Sift through the material below and return the lines with "stopped".
....
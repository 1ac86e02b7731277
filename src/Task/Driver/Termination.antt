-- ===== src/Task/Driver/Termination.antt =====
-- The driver ends every task: each turn that goes on spends a loop, a replan, or a step through the
-- phases.
use local_engineer.Prelude.{
  ℕ, zero, suc, ◌+◌, ◌-◌, ◌*◌, ◌≤◌, ◌<◌, ◌≡◌, ◌≢◌, refl, ap, ◌⊎◌, inl, inr, [], ◌∷◌, ◌++◌, Option,
  none, some, arith, is_empty, Option-cases, Bool-cases,
}
use local_engineer.Workflow.{Phase}
use local_engineer.Workflow.Plan.{PlanError}
use local_engineer.Task.{State}
use local_engineer.Task.Verify.{
  no_transcript, Work, World, Why, Turn, crashed, stopped, moved, move, verify,
}
use local_engineer.Task.Verify.Evidence.{move-moved}
use local_engineer.Task.Verify.Bounds.{verify_spends}
use local_engineer.Task.Finalize.Approval.{finalize-ne-moved}
use local_engineer.Task.Phases.{
  Opening, Planner, Editor, Reviewer, Response, freeze, take_baseline, intake, localize, assess,
  plan_error, plan_again, grants_allowed, planning, edited, counted, edit, review,
}
use local_engineer.Task.Driver.{Answers, in_phase, turn, unfinished, drive}

abbrev pub rank : Phase → ℕ
rank Phase.intake = 8
rank Phase.localize = 7
rank Phase.impact = 6
rank Phase.planning = 5
rank Phase.edit = 4
rank Phase.verify = 3
rank Phase.review = 5
rank Phase.finalize = 0

-- The loops and replans that are left, ten turns each, and the way to the next one.
abbrev pub measure : Work → ℕ
measure w = 10 * ((4 - w.verify_loops) + (2 - w.replans)) + rank w.phase

-- The turn leads to that phase and spends neither a loop nor a replan.
abbrev pub Steps : Phase → Work → Work → Type 0
Steps next w w' = (w'.phase ≡ next) × (w'.verify_loops ≡ w.verify_loops) × (w'.replans ≡ w.replans)

-- The turn spends one replan, within the bound.
abbrev pub Replans : Work → Work → Type 0
Replans w w' =
    (w'.phase ≡ Phase.planning)
    × (w'.verify_loops ≡ w.verify_loops)
    × (w'.replans ≡ suc w.replans)
    × (w.replans < 2)

move-Steps : (v : World) (next : Phase) (w w' : Work) → move v next w ≡ moved w' → Steps next w w'
move-Steps v next w w' h =
    let e = move-moved v next w w' h in
    (ap (λ u. u.phase) e, ap (λ u. u.verify_loops) e, ap (λ u. u.replans) e)

take_baseline-Steps :
    (o : Opening) (v : World) (w w' : Work)
    → take_baseline o v w ≡ moved w'
    → Steps Phase.localize w w'
unfolding take_baseline
take_baseline-Steps o v w w' h = elim (Option-cases o.baseline) [
  | inl e ↦ absurd (ground arith)
  | inr (results, e) ↦
      ground (arith, e, move-Steps v Phase.localize (record w { baseline = results }) w')
]

pub intake-Steps :
    (o : Opening) (v : World) (w w' : Work) → intake o v w ≡ moved w' → Steps Phase.localize w w'
unfolding intake freeze
intake-Steps o v w w' h = elim (Bool-cases (is_empty w.presets)) [
  | inr frozen ↦ take_baseline-Steps o v w w' (ground arith)
  | inl fresh ↦ elim (Option-cases o.discovered) [
    | inl e ↦ absurd (ground arith)
    | inr (presets, e) ↦ elim (Bool-cases v.saves) [
      | inr lost ↦ absurd (ground arith)
      | inl kept ↦ take_baseline-Steps o v (record w { presets = presets }) w' (ground arith)
    ]
  ]
]

pub localize-Steps :
    (o : Opening) (v : World) (w w' : Work) → localize o v w ≡ moved w' → Steps Phase.impact w w'
unfolding localize
localize-Steps o v w w' h = ground (arith, move-Steps v Phase.impact w w')

pub assess-Steps :
    (o : Opening) (v : World) (w w' : Work) → assess o v w ≡ moved w' → Steps Phase.planning w w'
unfolding assess
assess-Steps o v w w' h = elim (Option-cases o.impact) [
  | inl e ↦ absurd (ground arith)
  | inr (impact, e) ↦ move-Steps v Phase.planning (record w { impact = impact }) w' (ground arith)
]

plan_again-Replans :
    (p : Planner) (v : World) (e : Option PlanError) (w w' : Work)
    → w.phase ≡ Phase.planning
    → plan_again p v e w ≡ moved w'
    → Replans w w'
unfolding plan_again
plan_again-Replans p v e w w' here h = ground arith

pub planning-moves :
    (p : Planner) (v : World) (w w' : Work)
    → w.phase ≡ Phase.planning
    → planning p v w ≡ moved w'
    → Replans w w' ⊎ Steps Phase.edit w w'
unfolding planning
planning-moves p v w w' here h = elim (Option-cases p.planned) [
  | inl e ↦ inl (plan_again-Replans p v none w w' here (ground arith))
  | inr (plan, e) ↦ elim (Option-cases (plan_error p w plan)) [
    | inr (wrong, f) ↦ inl (plan_again-Replans p v (some wrong) w w' here (ground arith))
    | inl fine ↦ elim (Bool-cases (grants_allowed p v plan.write_allowlist plan.write_allowlist)) [
      | inr denied ↦ absurd (ground arith)
      | inl allowed ↦ inr (
          move-Steps v Phase.edit (record w { plan = plan; edit = no_transcript }) w'
            (ground arith))
    ]
  ]
]

edited-moves :
    (v : World) (r : Response) (w w' : Work)
    → edited v r w ≡ moved w'
    → Replans w w' ⊎ Steps Phase.verify w w'
unfolding edited
edited-moves v r w w' h = elim (Bool-cases r.exhausted) [
  | inr going ↦ inr (ground (arith, move-Steps v Phase.verify w w'))
  | inl spent ↦
      let u = record w { replans = suc w.replans; feedback = w.feedback ++ r.summary ∷ [] } in
      inl (ground (arith, move-Steps v Phase.planning u w'))
]

pub edit-moves :
    (d : Editor) (v : World) (w w' : Work)
    → edit d v w ≡ moved w'
    → Replans w w' ⊎ Steps Phase.verify w w'
unfolding edit
edit-moves d v w w' h = elim (Option-cases d.response) [
  | inl e ↦ absurd (ground arith)
  | inr (r, e) ↦ edited-moves v r (record (counted w) { edit = r.transcript }) w' (ground arith)
]

pub review-moves :
    (d : Reviewer) (v : World) (w w' : Work)
    → review d v w ≡ moved w'
    → Steps Phase.finalize w w' ⊎ Steps Phase.edit w w'
unfolding review
review-moves d v w w' h = elim (Option-cases d.verdict) [
  | inl e ↦ absurd (ground arith)
  | inr ((ok, findings), e) ↦ elim (Bool-cases ok) [
    | inl accepted ↦ inl (move-Steps v Phase.finalize w w' (ground (arith, e)))
    | inr rejected ↦
        let u = record w { feedback = findings ∷ []; edit = no_transcript } in
        inr (move-Steps v Phase.edit u w' (ground (arith, e)))
  ]
]

rank_bound : (p : Phase) → rank p ≤ 8
rank_bound p = ground arith

verify-measure :
    (v : World) (w w' : Work)
    → w.phase ≡ Phase.verify
    → verify v w ≡ moved w'
    → measure w' < measure w
verify-measure v w w' here h =
    let (spent, bound, same, replans) = verify_spends v w w' h in
    omega (arith, rank_bound w'.phase, ap rank here, spent, bound, replans)

Steps-measure :
    (p next : Phase) (w w' : Work)
    → w.phase ≡ p
    → rank next < rank p
    → Steps next w w'
    → measure w' < measure w
Steps-measure p next w w' here less (phase, loops, replans) =
    omega (arith, ap rank here, ap rank phase, loops, replans, less)

Replans-measure : (w w' : Work) → Replans w w' → measure w' < measure w
Replans-measure w w' (phase, loops, replans, bound) =
    omega (arith, ap rank phase, loops, replans, bound)

in_phase-measure :
    (p : Phase) (a : Answers) (w w' : Work)
    → w.phase ≡ p
    → in_phase p a w ≡ moved w'
    → measure w' < measure w
unfolding in_phase
in_phase-measure Phase.intake a w w' here h =
    Steps-measure Phase.intake Phase.localize w w' here (omega arith)
      (intake-Steps a.opening a.world w w' h)
in_phase-measure Phase.localize a w w' here h =
    Steps-measure Phase.localize Phase.impact w w' here (omega arith)
      (localize-Steps a.opening a.world w w' h)
in_phase-measure Phase.impact a w w' here h =
    Steps-measure Phase.impact Phase.planning w w' here (omega arith)
      (assess-Steps a.opening a.world w w' h)
in_phase-measure Phase.planning a w w' here h =
    elim (planning-moves a.planner a.world w w' here h) [
      | inl again ↦ Replans-measure w w' again
      | inr on ↦ Steps-measure Phase.planning Phase.edit w w' here (omega arith) on
    ]
in_phase-measure Phase.edit a w w' here h = elim (edit-moves a.editor a.world w w' h) [
  | inl again ↦ Replans-measure w w' again
  | inr on ↦ Steps-measure Phase.edit Phase.verify w w' here (omega arith) on
]
in_phase-measure Phase.verify a w w' here h = verify-measure a.world w w' here h
in_phase-measure Phase.review a w w' here h = elim (review-moves a.reviewer a.world w w' h) [
  | inl done ↦ Steps-measure Phase.review Phase.finalize w w' here (omega arith) done
  | inr back ↦ Steps-measure Phase.review Phase.edit w w' here (omega arith) back
]
in_phase-measure Phase.finalize a w w' here h = absurd (finalize-ne-moved a.closing a.world w w' h)

turn-measure : (a : Answers) (w w' : Work) → turn a w ≡ moved w' → measure w' < measure w
unfolding turn
turn-measure a w w' h = elim (Option-cases a.candidate) [
  | inl e ↦ absurd (ground arith)
  | inr (c, e) ↦ in_phase-measure w.phase a (record w { candidate = c }) w' refl (ground arith)
]

pub Turn-cases :
    (t : Turn)
    → ((w : Work) × (t ≡ moved w))
      ⊎ ((t ≡ crashed) ⊎ ((s : State) × (why : Why) × (w : Work) × (t ≡ stopped s why w)))
Turn-cases crashed = inr (inl refl)
Turn-cases (stopped s why w) = inr (inr (s, why, w, refl))
Turn-cases (moved w) = inl (w, refl)

-- The driver ends every task, whatever the world answers: from any state it stops, or ends in an error,
-- within one turn more than its measure, which is ten for each loop and each replan that is left and at
-- most eight more: at most 69 turns in all.
pub drive-ne-unfinished :
    (answers : ℕ → Answers) (fuel : ℕ) (w : Work)
    → measure w < fuel
    → drive answers fuel w ≢ unfinished
unfolding drive
drive-ne-unfinished answers zero w enough e = omega arith
drive-ne-unfinished answers (suc fuel) w enough e = elim (Turn-cases (turn (answers fuel) w)) [
  | inl (w', h) ↦
      let less = turn-measure (answers fuel) w w' h in
      drive-ne-unfinished answers fuel w' (omega arith) (ground (arith, h))
  | inr (inl broken) ↦ ground (arith, broken)
  | inr (inr (s, why, w', stop)) ↦ ground (arith, stop)
]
....
◆ Problem solution:
  no_transcript, Work, World, Why, Turn, crashed, stopped, moved, move, verify,
      ⊎ ((t ≡ crashed) ⊎ ((s : State) × (why : Why) × (w : Work) × (t ≡ stopped s why w)))
Turn-cases (stopped s why w) = inr (inr (s, why, w, refl))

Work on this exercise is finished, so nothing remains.